In response to this, I'll tell you how I came across these forums. When I found out my ex started taking steroids , I Googled everything I could find related to the matter. I didn't want to be biased, so I figured the best REAL stories of actual users would be from people actually taking it. I wanted to go beyond the stigmas, and try to educate myself a little more so maybe that way it would help me gain some perspective...I came from a family that has been shaken and destroyed by addiction, and so has he...so I know firsthand that ANY drug (even the ones that you're allowed to take) can have some pretty rough side effects. Again, I was TRYING to be supportive, but it isn't easy when the person you love the most is spiraling out of control, and you have a pretty good idea of what may be an underlyng cause...my ex was so fixated not on the idea of competing, but of Winning...and he was willing to sacrifice everything he had in order to get it... Reading some of your stories is a little scary, because it's like an underground world I was completely blind to. You hear about steroids, and you see these juiced up disgusting specimens of what used to be normal looking guys, and it repulses me. My ex doesn't do bodybuilding, and he still looks normal, so the change in his appearance wasn't a tip-off for me. It was the changes in his behavior that scared me the most. Furthermore guys, I have to tell you that an old coworker of mine woke up next to her husband's cold body one morning...he WAS a bodybuilder and he died of cardiac arrest due to an enlarged heart (thanks steroids!) in his sleep. You can't imagine what she went through... I love my ex very much, but I have to remember that this is his CHOICE. Just like this is your choice too. And you have to live with the choices you make...I'm sure you can always find some new hot gym-rat girl to get your mind off of a failed relationship, but ultimately you end up alone. And I know I didn't post a pic, but he'll be hard pressed to find a woman like me again. I'm very educated, funny, I can cook my ass off and I'm HOT!!! His loss...My being here on this site just proves once again what I was willing to do to make him happy... and he took it for granted. End of story.

----------


## AngelorVixen

By the way, the original guy who posted this was not my boyfriend or former husband. Just to be clear...

----------


## brad1986

> In response to this, I'll tell you how I came across these forums. When I found out my ex started taking steroids , I Googled everything I could find related to the matter. I didn't want to be biased, so I figured the best REAL stories of actual users would be from people actually taking it. I wanted to go beyond the stigmas, and try to educate myself a little more so maybe that way it would help me gain some perspective...I came from a family that has been shaken and destroyed by addiction, and so has he...so I know firsthand that ANY drug (even the ones that you're allowed to take) can have some pretty rough side effects. Again, I was TRYING to be supportive, but it isn't easy when the person you love the most is spiraling out of control, and you have a pretty good idea of what may be an underlyng cause...my ex was so fixated not on the idea of competing, but of Winning...and he was willing to sacrifice everything he had in order to get it... Reading some of your stories is a little scary, because it's like an underground world I was completely blind to. You hear about steroids, and you see these juiced up disgusting specimens of what used to be normal looking guys, and it repulses me. My ex doesn't do bodybuilding, and he still looks normal, so the change in his appearance wasn't a tip-off for me. It was the changes in his behavior that scared me the most. Furthermore guys, I have to tell you that an old coworker of mine woke up next to her husband's cold body one morning...he WAS a bodybuilder and he died of cardiac arrest due to an enlarged heart (thanks steroids!) in his sleep. You can't imagine what she went through... I love my ex very much, but I have to remember that this is his CHOICE. Just like this is your choice too. And you have to live with the choices you make...I'm sure you can always find some new hot gym-rat girl to get your mind off of a failed relationship, but ultimately you end up alone. And I know I didn't post a pic, but he'll be hard pressed to find a woman like me again. I'm very educated, funny, *I can cook my ass off and I'm HOT!!!* His loss...My being here on this site just proves once again what I was willing to do to make him happy... and he took it for granted. End of story.

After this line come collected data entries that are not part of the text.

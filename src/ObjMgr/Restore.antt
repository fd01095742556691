-- ===== src/ObjMgr/Restore.antt =====
-- ModuleInit after a restart: the map is built again from the players in shared memory.
use play_frame.Common.{ℕ, ◌≡◌, ◌≢◌, ◌⊎◌, inl, inr, Option, none, some, List}
use play_frame.Common.Int.{ℤ, pos}
use play_frame.ShmPool.{PoolCtrl}
use play_frame.ShmPool.FreeList.{On}
use play_frame.ShmPool.Invariant.{IsValid}
use play_frame.ShmPool.Memory.{mem_at, Knows}
use play_frame.ObjMgr.{
  Player, City, ObjMgr, insert_new, bind_uid_to_player_idx, find_player_idx_by_uid,
}
use play_frame.ObjMgr.Invariant.{IsListed, IsBound, IsSound}

-- From `m` to `m'` users of the players `xs` have been mapped.
record Mapped (pool : PoolCtrl Player) (xs : List ℕ) (m m' : ObjMgr) : Type 0 where
  players : m'.player_pool ≡ m.player_pool
  cities : m'.city_pool ≡ m.city_pool
  older :
      (uid : ℕ) (z : ℤ)
      → m.uid_to_player_idx_map uid ≡ some z
      → m'.uid_to_player_idx_map uid ≡ some z
  bound :
      (uid : ℕ) (z : ℤ)
      → m'.uid_to_player_idx_map uid ≡ some z
      → (m.uid_to_player_idx_map uid ≡ some z) ⊎ IsBound pool uid z
  mapped : (x : ℕ) → On xs x → (z : ℤ) × (m'.uid_to_player_idx_map (mem_at pool x).uid ≡ some z)

pub insert_new-some : (o : Option ℤ) (i z : ℤ) → insert_new o i ≡ some z → (o ≡ some z) ⊎ (i ≡ z)
insert_new-some none i z e = inr (cc)
insert_new-some (some old) i z e = inl e

module _ (pool : PoolCtrl Player) (x : ℕ) (known : Knows pool x) (m : ObjMgr) where
  abbrev uid_x : ℕ
  uid_x = (mem_at pool x).uid

  abbrev m1 : ObjMgr
  m1 = bind_uid_to_player_idx m uid_x (pos x)

-- The map holds the user of every player in use, and no other.
pub record Restored (players : PoolCtrl Player) (cities : PoolCtrl City) (m : ObjMgr) : Type 0 where
  pub same_players : m.player_pool ≡ players
  pub same_cities : m.city_pool ≡ cities
  pub found :
      (x : ℕ)
      → Knows players x
      → (y : ℕ) × (find_player_idx_by_uid m (mem_at players x).uid ≡ pos y)
        × Knows players y
        × ((mem_at players y).uid ≡ (mem_at players x).uid)
  pub absent :
      (uid : ℕ)
      → ((x : ℕ) → Knows players x → (mem_at players x).uid ≢ uid)
      → find_player_idx_by_uid m uid ≡ pos 0
  pub sound : IsSound m

module _ (players : PoolCtrl Player) (cities : PoolCtrl City) (valid : IsValid players)
    (valid_cities : IsValid cities)
    (listed : (x : ℕ) → Knows players x → IsListed cities x (mem_at players x).city_list) where
  -- ModuleInit starts with an empty map.
  abbrev empty : ObjMgr
  empty = record { uid_to_player_idx_map = λ uid. none; player_pool = players; city_pool = cities }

So what are you doing this weekend?lol

----------


## Reed

Sounds like AngelorVixen seems to be biased in the way she says bodybuilders are disgusting and that she was the greatest girlfriend in the world. You could have been, but generally people in negative relationships always point the finger elsewhere and rarely look at themselves.

I don't think you've read enough, been involved with the sport, or know enough of the people in the sport yet. Wanna know how many top level athletes, Olympic athletes etc use steroids . Bet you'd be shocked!

He was willing to sacrifice everything but you all had drunken arguements that lead to him punching through the wall? Generally serious athletes don't go and get drunk nor do you hear of typical high level bodybuilders having "roid rage ". That right there told me enough.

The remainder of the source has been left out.